My wife and I have the secret to making a marriage last. Two times a week, we go to a nice restaurant, good food... She goes Tuesdays, I go Fridays.

Someone stole all my credit cards, but I won't be reporting it. The thief spends less than my wife did.

I take my wife everywhere, but she keeps finding her way back.

I asked my wife, "Where do you want to go for our anniversary?" She said, "Somewhere I have never been!" I told her, "How about the kitchen?"

We always hold hands. If I let go, she shops.

My wife will buy anything marked down. Last year she bought an escalator.

All my wife does is shop - once she was sick for a week, and three stores went under.

She has an electric blender, electric toaster, electric bread maker. Then she said "There are too many gadgets, and no place to sit down!" So what did I do? Bought her an electric chair.

My wife loves to shop at Bloomingdale's. I bring her mail there twice a week.

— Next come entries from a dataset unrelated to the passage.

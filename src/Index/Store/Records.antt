-- ===== src/Index/Store/Records.antt =====
-- GetIndexRecord against the loaded records, runtime/index.go.
use fluxplane_dex.Prelude.{
  String, ◌≡◌, refl, ◌∙◌, Bool, false, true, ◌||◌, Option, none, some, List, [], ◌∷◌, ◌==◌, arith,
  trim_space, any, eq_iff, Bool-cases, inl, inr,
}
use fluxplane_dex.Prelude.Outcome.{ok}
use fluxplane_dex.Json.{Codec}
use fluxplane_dex.Index.{
  IndexRecord, IndexSnapshot, enrich_index_record, apply_standard_index_fields,
}
use fluxplane_dex.Index.Store.{
  IndexDir, load_index_snapshots, find_id, first_found, get_index_record,
}

-- the answer has the id, and names the host's index as its source
abbrev pub IsOfId : String → Option IndexRecord → Type 0
IsOfId id none = Unit
IsOfId id (some r) = (r.id ≡ id) × (r.origin.source ≡ "host_index")

abbrev pub is_some : {A : Type 0} → Option A → Bool
is_some none = false
is_some (some a) = true

abbrev has_id : String → IndexSnapshot → Bool
has_id id s = any (λ r. r.id == id) s.records

-- The answer `m` is of the id, and is there exactly if the test is true.
pub record Answers (id : String) (there : Bool) (m : Option IndexRecord) : Type 0 where
  pub of_id : IsOfId id m
  pub exact : is_some m ≡ there

-- the first answer, or else the second
join :
    (id : String) (b c : Bool) (m k : Option IndexRecord)
    → Answers id b m
    → Answers id c k
    → Answers id (b || c) (elim m [ some r ↦ some r | none ↦ k ])
join id b c none k h l = record { of_id = l.of_id; exact = ground (arith, h.exact, l.exact) }
join id b c (some r) k h l = record { of_id = h.of_id; exact = ground (arith, h.exact) }

module _ (codec : Codec) where
  id-enrich : (s : IndexSnapshot) (r : IndexRecord) → (enrich_index_record codec s r).id ≡ r.id
  unfolding enrich_index_record apply_standard_index_fields
  id-enrich s r = ground arith

  origin-enrich :
      (s : IndexSnapshot) (r : IndexRecord)
      → (enrich_index_record codec s r).origin.source ≡ "host_index"
  unfolding enrich_index_record
  origin-enrich s r = refl

  find_id-Answers :
      (id : String) (s : IndexSnapshot) (rs : List IndexRecord)
      → Answers id (any (λ r. r.id == id) rs) (find_id codec id s rs)
  unfolding find_id
  find_id-Answers id s [] = record { of_id = tt; exact = refl }
  find_id-Answers id s (r ∷ rs) =
      let later = find_id-Answers id s rs in
      elim (Bool-cases (r.id == id)) [
        | inl e ↦ rw e (record {
          of_id = (id-enrich s r ∙ ground (arith, eq_iff r.id id), origin-enrich s r);
          exact = refl;
        })
        | inr e ↦ rw e later
      ]

  first_found-Answers :
      (id : String) (ss : List IndexSnapshot)
      → Answers id (any (has_id id) ss) (first_found codec (find_id codec id) ss)
  unfolding first_found
  first_found-Answers id [] = record { of_id = tt; exact = refl }
  first_found-Answers id (s ∷ ss) =
      let here = find_id-Answers id s s.records in
      let later = first_found-Answers id ss in
      join id (has_id id s) (any (has_id id) ss) (find_id codec id s s.records)
        (first_found codec (find_id codec id) ss) here later

  -- If the snapshots load, the answer is a record exactly if some loaded record has the trimmed id,
  -- and then it has that id and names the host's index as its source.
  pub get_index_record-Answers :
      (dir : IndexDir) (plugin instance_name id : String) (ss : List IndexSnapshot)
      → load_index_snapshots dir plugin instance_name ≡ ok ss
      → (m : Option IndexRecord) × (get_index_record codec dir plugin instance_name id ≡ ok m)
        × Answers (trim_space id) (any (λ s. any (λ r. r.id == trim_space id) s.records) ss) m
  unfolding get_index_record
  get_index_record-Answers dir plugin instance_name id ss h = (
    first_found codec (find_id codec (trim_space id)) ss,
    rw h,
    first_found-Answers (trim_space id) ss,
  )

My wife and I went back to the hotel where we spent our wedding night. Only this time, "I" stayed in the bathroom and cried.

My wife drives the wrong way on a one way street. The cop pulled her over and asked, "Where are you going?" My wife said, "I must be late, everyone is all coming back!"

My wife told me the car wasn't running well, there was water in the carburetor. I asked where the car was, and she told me it was in the lake.

My wife and I went to a hotel where we got a waterbed. My wife called it the Dead Sea.

My wife is on a new diet. Coconuts and bananas. She hasn't lost weight, but can she climb a tree!

She was at the beauty shop for two hours. That was only for the estimate.

She got a mudpack and looked great for two days. Then the mud fell off.

She ran after the garbage truck, yelling, "Am I too late for the garbage?" Following her down the street I yelled, "No, jump in!"

I bought my wife a little Italian car. A Mafia. It has a hood under the hood.

Three weeks ago, she learned how to drive. Last week she learned how to aim it.

I came home, the car was in the dining room. "How did you get the car in here?" "Easy, I took a left at the kitchen."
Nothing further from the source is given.